Many researchers also disagree with the fact that the hyperbolic growth of the planet's population will continue indefinitely. American demographer Warren Thompson identified three demographic stages in human history. The first was characterized by a high birth rate, but at the same time a high mortality rate. In those days, few lived to be 50 years old. War, disease, malnutrition and high infant mortality served as natural limiters of population size. We overcame it by the 18th century. There are fewer epidemics, people eat better and get sick less. Mortality is declining, but fertility is still rising. This is the second stage. Now we are entering the third: not only mortality is decreasing, but also fertility. When it spreads to the entire planet, population reproduction will be reduced to a simple replacement of generations and, as a result,to stabilize the population.

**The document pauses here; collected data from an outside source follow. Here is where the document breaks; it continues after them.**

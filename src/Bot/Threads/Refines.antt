-- ===== src/Bot/Threads/Refines.antt =====
-- The program with its session is an instance of the loop with any session, so that what holds of
-- every run of the one holds of every run of the other.
use minecraft_afk_bot.Bot.Backoff.{Duration}
use minecraft_afk_bot.Bot.Session.Steps
use minecraft_afk_bot.Bot.Session.Steps.{Stage, over, Progress, Event, entered, begun}
use minecraft_afk_bot.Bot.System
use minecraft_afk_bot.Bot.System.{
  Place, in_session, System, Step, admit_returns, spawn, connect_returns, start_on,
}
use minecraft_afk_bot.Bot.Threads.{
  Threads, Move, beside, inside, returns, with_session, beside_in, call_back, stepped, inside_in,
  returns_in, step, run, started,
}
use minecraft_afk_bot.Bot.System.Runs
use minecraft_afk_bot.Bot.Threads.Runs.{Ensured, run-keeps}
use minecraft_afk_bot.Gophertunnel.{Constants}
use minecraft_afk_bot.Mcproto.{Protocol}
use minecraft_afk_bot.Presence.Api.{Api}
use minecraft_afk_bot.Presence.Reconciler.{Reconciler}
use minecraft_afk_bot.Prelude.{
  ℕ, ◌≡◌, refl, ◌∙◌, List, [], ◌∷◌, ◌++◌, Option, none, some, some-injective,
}

module _ (api : Api) (lo hi : Duration) where
  -- The system `s` comes to be by a run from `r`.
  abbrev IsRun : System → System → Type 0
  IsRun r s = (steps : List Step) × (System.run api lo hi steps r ≡ some s)

  continue-end : (o : Option System) → System.continue api lo hi o (System.run api lo hi []) ≡ o
  unfolding System.continue System.run
  continue-end none = refl
  continue-end (some s) = refl

  run-snoc :
      (steps : List Step) (x : Step) (r s : System)
      → System.run api lo hi steps r ≡ some s
      → System.run api lo hi (steps ++ x ∷ []) r ≡ System.step api lo hi x s
  unfolding System.run
  run-snoc [] x r s e = rw (some-injective r s e) (continue-end (System.step api lo hi x s))
  run-snoc (y ∷ steps) x r s e =
      let (u, moved, rest) =
        Runs.continue-some api lo hi (System.step api lo hi y r) (System.run api lo hi steps) s e in
      rw moved (unfold System.continue in run-snoc steps x u s rest)

  IsRun-step :
      (r s : System) (x : Step) (o : Option System)
      → System.step api lo hi x s ≡ o
      → IsRun r s
      → Runs.Ensured (IsRun r) o
  IsRun-step r s x none e h = tt
  IsRun-step r s x (some u) e (steps, reached) = (steps ++ x ∷ [], run-snoc steps x r s reached ∙ e)

module _ {Position Schema : Type 0} (api : Api) (lo hi : Duration) (k : Constants) (v : ℕ)
    (baked : Protocol Schema) (r : System) where
  abbrev RunsTo : Threads Position → Type 0
  RunsTo t = IsRun api lo hi r t.system

  with_session-IsRun :
      (p : Progress Position) (o : Option System)
      → Runs.Ensured (IsRun api lo hi r) o
      → Ensured RunsTo (with_session p o)
  with_session-IsRun p none h = tt
  with_session-IsRun p (some s) h = h

  -- A step of the system, and the session behind it.
  after-IsRun :
      (x : Step) (p : Progress Position) (s : System)
      → IsRun api lo hi r s
      → Ensured RunsTo (with_session p (System.step api lo hi x s))
  after-IsRun x p s h =
      let o = System.step api lo hi x s in
      with_session-IsRun p o (IsRun-step api lo hi r s x o refl h)

  beside_in-IsRun :
      (x : Step) (t : Threads Position) → RunsTo t → Ensured RunsTo (beside_in api lo hi x t)
  unfolding beside_in
  beside_in-IsRun spawn t h = tt
  beside_in-IsRun (connect_returns err lasted) t h = tt
  beside_in-IsRun admit_returns t h = after-IsRun admit_returns begun t.system h
  beside_in-IsRun x t h = after-IsRun x t.session t.system h

  stepped-IsRun :
      (event : Event Position) (s : System) (o : Option (Progress Position))
      → IsRun api lo hi r s
      → Ensured RunsTo (stepped api lo hi event s o)
  unfolding stepped call_back
  stepped-IsRun event s none h = tt
  stepped-IsRun (entered none xuid) s (some p) h = after-IsRun spawn p s h
  stepped-IsRun event s (some p) h = h

  inside_in-IsRun :
      (event : Event Position) (p : Place) (t : Threads Position)
      → RunsTo t
      → Ensured RunsTo (inside_in api lo hi k v baked event p t)
  unfolding inside_in
  inside_in-IsRun event in_session t h =
      stepped-IsRun event t.system
        (Steps.step k v baked t.system.world.session_done event t.session) h
  inside_in-IsRun event _ t h = tt

  returns_in-IsRun :
      (lasted : Duration) (stage : Stage) (t : Threads Position)
      → RunsTo t
      → Ensured RunsTo (returns_in api lo hi lasted stage t)
  unfolding returns_in
  returns_in-IsRun lasted (over err) t h =
      after-IsRun (connect_returns err lasted) t.session t.system h
  returns_in-IsRun lasted _ t h = tt

  step-IsRun :
      (m : Move Position) (t : Threads Position)
      → RunsTo t
      → Ensured RunsTo (step api lo hi k v baked m t)
  unfolding step
  step-IsRun (beside x) t h = beside_in-IsRun x t h
  step-IsRun (inside event) t h = inside_in-IsRun event t.system.place t h
  step-IsRun (returns lasted) t h = returns_in-IsRun lasted t.session.stage t h

-- However the threads interleave, the loop, the gate, the poller and the watcher do beside the bot's
-- own session what some run of the loop with a session that the surroundings choose does, to the
-- same world, place, variables and actions of the loop.
pub run-refines :
    {Position Schema : Type 0} (api : Api) (lo hi : Duration) (k : Constants) (v : ℕ)
    (baked : Protocol Schema) (r : Reconciler) (moves : List (Move Position)) (t : Threads Position)
    → run api lo hi k v baked moves (started r lo) ≡ some t
    → (steps : List Step) × (System.run api lo hi steps (start_on r lo) ≡ some t.system)
unfolding started System.run
run-refines api lo hi k v baked r moves t e =
    run-keeps api lo hi k v baked (RunsTo api lo hi k v baked (start_on r lo))
      (step-IsRun api lo hi k v baked (start_on r lo)) moves (started r lo) t e ([], refl)
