-- ===== src/Bot/Threads/Connection.antt =====
-- What is on the server, what is reported of it and what is logged of its end, however the threads
-- interleave.
use minecraft_afk_bot.Bot.Backoff.{Duration}
use minecraft_afk_bot.Bot.Session.Link.{observe_all, down}
use minecraft_afk_bot.Bot.Session.Result.{is_session_ended}
use minecraft_afk_bot.Bot.Session.Steps.{Progress}
use minecraft_afk_bot.Bot.Session.Steps.Calls.{has_spawned}
use minecraft_afk_bot.Bot.System.{Place, in_session}
use minecraft_afk_bot.Bot.System.Places.{may_report}
use minecraft_afk_bot.Bot.System.Projection.{reachable-At}
use minecraft_afk_bot.Bot.Threads.{Threads, Move, run, started}
use minecraft_afk_bot.Bot.Threads.Held.{Held}
use minecraft_afk_bot.Bot.Threads.Inside.{reachable-Inv}
use minecraft_afk_bot.Bot.System.Fits.{Fits}
use minecraft_afk_bot.Bot.Threads.Refines.{run-refines}
use minecraft_afk_bot.Gophertunnel.{Constants}
use minecraft_afk_bot.Mcproto.{Protocol}
use minecraft_afk_bot.Presence.Api.{Api}
use minecraft_afk_bot.Presence.Client.{Client}
use minecraft_afk_bot.Presence.Gate.{admitted}
use minecraft_afk_bot.Presence.Reconciler.{new_reconciler, status_of}
use minecraft_afk_bot.Prelude.{
  Text, ℕ, ◌≡◌, refl, subst, Bool, true, false, ◌&&◌, List, some, count,
}

-- The loop is in its session.
abbrev pub is_inside : Place → Bool
is_inside in_session = true
is_inside _ = false

module _ {Position Schema : Type 0} (k : Constants) (v : ℕ) (baked : Protocol Schema) where
  Held-inside :
      (q : Place) (p : Progress Position)
      → Held k v baked q p
      → (observe_all down p.actions).is_open ≡ true
      → q ≡ in_session
  Held-inside in_session p h e = refl
  Held-inside _ p h e = cc (h, e)

-- However the threads interleave, while a session has its connection to the server open, the gate
-- has admitted the bot and the connect loop is in that session.
pub open-IsAdmitted :
    {Position Schema : Type 0} (api : Api) (lo hi : Duration) (k : Constants) (v : ℕ)
    (baked : Protocol Schema) (c : Client) (initial version : Text) (moves : List (Move Position))
    (t : Threads Position)
    → run api lo hi k v baked moves (started (new_reconciler c initial version) lo) ≡ some t
    → (observe_all down t.session.actions).is_open ≡ true
    → (t.system.place ≡ in_session) × (t.system.world.phase ≡ admitted)
unfolding new_reconciler
open-IsAdmitted api lo hi k v baked c initial version moves t e live =
    let r = new_reconciler c initial version in
    let (steps, reached) = run-refines api lo hi k v baked r moves t e in
    let inside =
      Held-inside k v baked t.system.place t.session
        (reachable-Inv k v baked api lo hi r moves t refl e).held live in
    (
      inside,
      subst (λ q. Fits q t.system.world) inside
          (reachable-At api r lo hi steps t.system refl reached).fits,
    )

-- However the threads interleave, the status reports the bot as connected exactly while the loop is
-- in a session that has called back, or has returned from one and not yet told the gate.
pub status-has_spawned :
    {Position Schema : Type 0} (api : Api) (lo hi : Duration) (k : Constants) (v : ℕ)
    (baked : Protocol Schema) (c : Client) (initial version : Text) (moves : List (Move Position))
    (t : Threads Position)
    → run api lo hi k v baked moves (started (new_reconciler c initial version) lo) ≡ some t
    → (status_of api t.system.world.reconciler).connected
      ≡ (may_report t.system.place && has_spawned t.session.actions)
unfolding new_reconciler
status-has_spawned api lo hi k v baked c initial version moves t e =
    (reachable-Inv k v baked api lo hi (new_reconciler c initial version) moves t refl e).told

-- However the threads interleave, the connect loop never logs `session_ended`: a session that
-- returns no error has found its context ended, which the loop then finds too.
pub session_ended-never :
    {Position Schema : Type 0} (api : Api) (lo hi : Duration) (k : Constants) (v : ℕ)
    (baked : Protocol Schema) (c : Client) (initial version : Text) (moves : List (Move Position))
    (t : Threads Position)
    → run api lo hi k v baked moves (started (new_reconciler c initial version) lo) ≡ some t
    → count is_session_ended t.system.done ≡ 0
unfolding new_reconciler
session_ended-never api lo hi k v baked c initial version moves t e =
    (reachable-Inv k v baked api lo hi (new_reconciler c initial version) moves t refl e).quiet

Professor Sergei Kapitsa believed that upon reaching its peak, the world's population would begin to decline. He assumed that the population would stabilize by 2135 at 12-14 billion people.

The issue of overpopulation of the planet can be approached from the other side. Advances in technology can lead to the fact that the Earth will be able to feed more people than now. Such a scenario is considered quite possible by the well-known Russian demographer Yevgeny Andreev.

David Satterthwaite of the London International Institute for Environment and Development is convinced that the problem is not in the number of people living on the planet, but in the number of consumers, and the scale and nature of consumption. This opinion is shared by the Swiss sociologist Klaus Leisinger. He notes that if all people lived in the same way as the Brazilian Indians living in the pristine forests of the Amazon, then the planet could be home to 20 to 30 billion people. But if everyone consumes natural resources in the same quantities as the inhabitants of America, then from an environmental point of view, our planet has long been overpopulated.